OK, there are bounty programs and stuff, but information about fatal flaws should be released like 6 months after discovered when all interested parties have mitigations in place. Obviously IT guys never worked in diplomacy where you do things in shadows and leak it after it's no longer relevant in any way.

Releasing info on something worse than any 0-day into the wild what they did expect anyway?
 

tancabean

Posts: 36   +43
I seriously don't understand disclosing information which can simply have catastrophic consequences not for for one company or bunch of users, but whole planetary infrastructure (not only internet, but power grid, water, transport and so on)

OK, there are bounty programs and stuff, but information about fatal flaws should be released like 6 months after discovered when all interested parties have mitigations in place. Obviously IT guys never worked in diplomacy where you do things in shadows and leak it after it's no longer relevant in any way.

Releasing info on something worse than any 0-day into the wild what they did expect anyway?

It would be impossible to notify all interested parties while keeping it a secret. The best course of action is to cause mass panic and scare everyone into fixing the vulnerability asap.
 

Theinsanegamer

Posts: 3,337   +5,551
I seriously don't understand disclosing information which can simply have catastrophic consequences not for for one company or bunch of users, but whole planetary infrastructure (not only internet, but power grid, water, transport and so on)

OK, there are bounty programs and stuff, but information about fatal flaws should be released like 6 months after discovered when all interested parties have mitigations in place.
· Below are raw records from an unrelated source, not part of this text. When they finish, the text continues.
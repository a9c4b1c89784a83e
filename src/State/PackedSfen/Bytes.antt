-- ===== src/State/PackedSfen/Bytes.antt =====
-- Where the bits of the stream stand in the 32 bytes of a packed position, crates/attic-state/src/
-- packed_sfen.rs: bit `i` is bit `i % 8` of byte `i / 8`, and what runs past the end is dropped.
use attic_shogi.Prelude.{
  ℕ, suc, zero, ◌+◌, ◌/◌, ◌%◌, ◌^◌, ◌<◌, ◌≡◌, refl, ap, bit_and, bit_or, Bool, true, false, ◌==◌,
  if◌then◌else◌, [], ◌∷◌, ◌++◌, some, get_or, set, length, length-set, get_or-set_self,
  get_or-set_ne, get_or-replicate, ℕ_discrete, arith,
}
use attic_shogi.Prelude.Bits.{digit, digit-lt, digit-bit_or, digit-zero, bit_and_mask}
use attic_shogi.Prelude.Masks.{digit-two_pow}
use mathlib.Core.List.{append_assoc, append-nil}
use mathlib.Core.Path.{subst}
use attic_shogi.State.Position.Types.{Position}
use attic_shogi.State.PackedSfen.{
  BitWriter, PackedSfen, packed_sfen_len, new, write_one_bit, sfen_pack,
}
use attic_shogi.State.PackedSfen.Stream.{Bits, write_all}
use attic_shogi.State.PackedSfen.Whole.{stream, pack_writer_lem}

abbrev pub bit_of : Bool → ℕ
bit_of true = 1
bit_of false = 0

-- Bit `i` of a buffer.
unfoldable pub buffer_bit : PackedSfen → ℕ → ℕ
buffer_bit d i = digit (get_or d (i / 8) 0) (i % 8)

-- The buffer holds the bits of a stream, and 0 after them.
record IsWritten (w : BitWriter) (bs : Bits) : Type 0 where
  whole : length w.data_ ≡ packed_sfen_len
  at_end : w.cursor ≡ length bs
  holds : (i : ℕ) → i < 256 → buffer_bit w.data_ i ≡ bit_of (get_or bs i false)

get_or-snoc :
    (bs : Bits) (b : Bool) (i : ℕ)
    → get_or (bs ++ b ∷ []) i false ≡ (if i == length bs then b else get_or bs i false)
get_or-snoc [] b zero = refl
get_or-snoc [] b (suc i) = ground arith
get_or-snoc (x ∷ bs) b zero = ground arith
get_or-snoc (x ∷ bs) b (suc i) = ground (arith, get_or-snoc bs b i)

get_or_past : (bs : Bits) → get_or bs (length bs) false ≡ false
get_or_past [] = refl
get_or_past (x ∷ bs) = get_or_past bs

length-snoc : (bs : Bits) (b : Bool) → length (bs ++ b ∷ []) ≡ length bs + 1
length-snoc [] b = refl
length-snoc (x ∷ bs) b = omega (arith, length-snoc bs b)

-- Setting a bit of a byte.
digit-set_bit :
    (x k i : ℕ)
    → digit (bit_or x (2 ^ bit_and k 7)) (i % 8) ≡ (if i % 8 == k % 8 then 1 else digit x (i % 8))
digit-set_bit x k i = ground (
  arith,
  digit-bit_or x (2 ^ bit_and k 7) (i % 8),
  digit-two_pow (bit_and k 7) (i % 8),
  bit_and_mask 3 k,
  digit-lt x (i % 8),
)

-- Setting bit `k` of the buffer.
buffer_bit-set :
    (d : PackedSfen) (k i : ℕ)
    → length d ≡ packed_sfen_len
    → k < 256
    → buffer_bit (set d (k / 8) (bit_or (get_or d (k / 8) 0) (2 ^ bit_and k 7))) i
      ≡ (if i == k then 1 else buffer_bit d i)
unfolding buffer_bit
buffer_bit-set d k i e h = elim (ℕ_discrete (k / 8) (i / 8)) [
  | yes same ↦
      rw
        (
          ← same,
          get_or-set_self d (k / 8) (bit_or (get_or d (k / 8) 0) (2 ^ bit_and k 7)) 0 (omega arith),
        )
        (ground (arith, digit-set_bit (get_or d (k / 8) 0) k i))
  | no other ↦
      rw (get_or-set_ne d (k / 8) (i / 8) (bit_or (get_or d (k / 8) 0) (2 ^ bit_and k 7)) 0 other)
        (ground arith)
]

write_one_bit-IsWritten :
    (w : BitWriter) (bs : Bits) (b : Bool)
    → IsWritten w bs
    → IsWritten (write_one_bit w b) (bs ++ b ∷ [])
unfolding write_one_bit
write_one_bit-IsWritten w bs b v = record {
  whole = ground (
    arith,
    length-set w.data_ (w.cursor / 8)
        (bit_or (get_or w.data_ (w.cursor / 8) 0) (2 ^ bit_and w.cursor 7)),
  );
  at_end = omega (arith, length-snoc bs b);
  holds = λ i h. ground (
    arith,
    v.holds i h,
    get_or-snoc bs b i,
    get_or_past bs,
    buffer_bit-set w.data_ w.cursor i v.whole,
  );
}

write_all-IsWritten :
    (w : BitWriter) (bs cs : Bits) → IsWritten w bs → IsWritten (write_all w cs) (bs ++ cs)
unfolding write_all
write_all-IsWritten w bs [] v = rw append-nil v
write_all-IsWritten w bs (c ∷ cs) v =
    subst (IsWritten (write_all (write_one_bit w c) cs)) (append_assoc bs (c ∷ []) cs)
      (write_all-IsWritten (write_one_bit w c) (bs ++ c ∷ []) cs (write_one_bit-IsWritten w bs c v))

new-IsWritten : IsWritten new []
unfolding buffer_bit
new-IsWritten = record {
  whole = refl;
  at_end = refl;
  holds = λ i h. omega (
    arith,
    ap (λ x. digit x (i % 8)) (get_or-replicate packed_sfen_len (i / 8) 0 0 (omega arith)),
    digit-zero (i % 8),
  );
}

-- A position packs without a panic, whatever stands on its board, into 32 bytes: bit `i` of the
-- buffer is bit `i` of the stream, and 0 past the end of the stream.
pub sfen_pack-bits :
    {Info : Type 0} (pos : Position Info)
    → (d : PackedSfen) × (sfen_pack pos ≡ some d)
      × (length d ≡ packed_sfen_len)
      × ((i : ℕ) → i < 256 → buffer_bit d i ≡ bit_of (get_or (stream pos) i false))
unfolding sfen_pack
sfen_pack-bits pos =
    let written = write_all-IsWritten new [] (stream pos) new-IsWritten in
    (
      (write_all new (stream pos)).data_,
      rw (sfen_pack, pack_writer_lem pos),
      written.whole,
      written.holds,
    )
Obviously IT guys never worked in diplomacy where you do things in shadows and leak it after it's no longer relevant in any way.

Releasing info on something worse than any 0-day into the wild what they did expect anyway?
It's not like every single comapny that uses java is in regular communication with the people who maintain java. St some point someone else if going to find that expolit, and if you sit quietly when that happens when you knew about said exploit then lawyers will have your arse.

At some point people will find out and carnage will occur. Better to get it done ASAP and rip the band aid off now.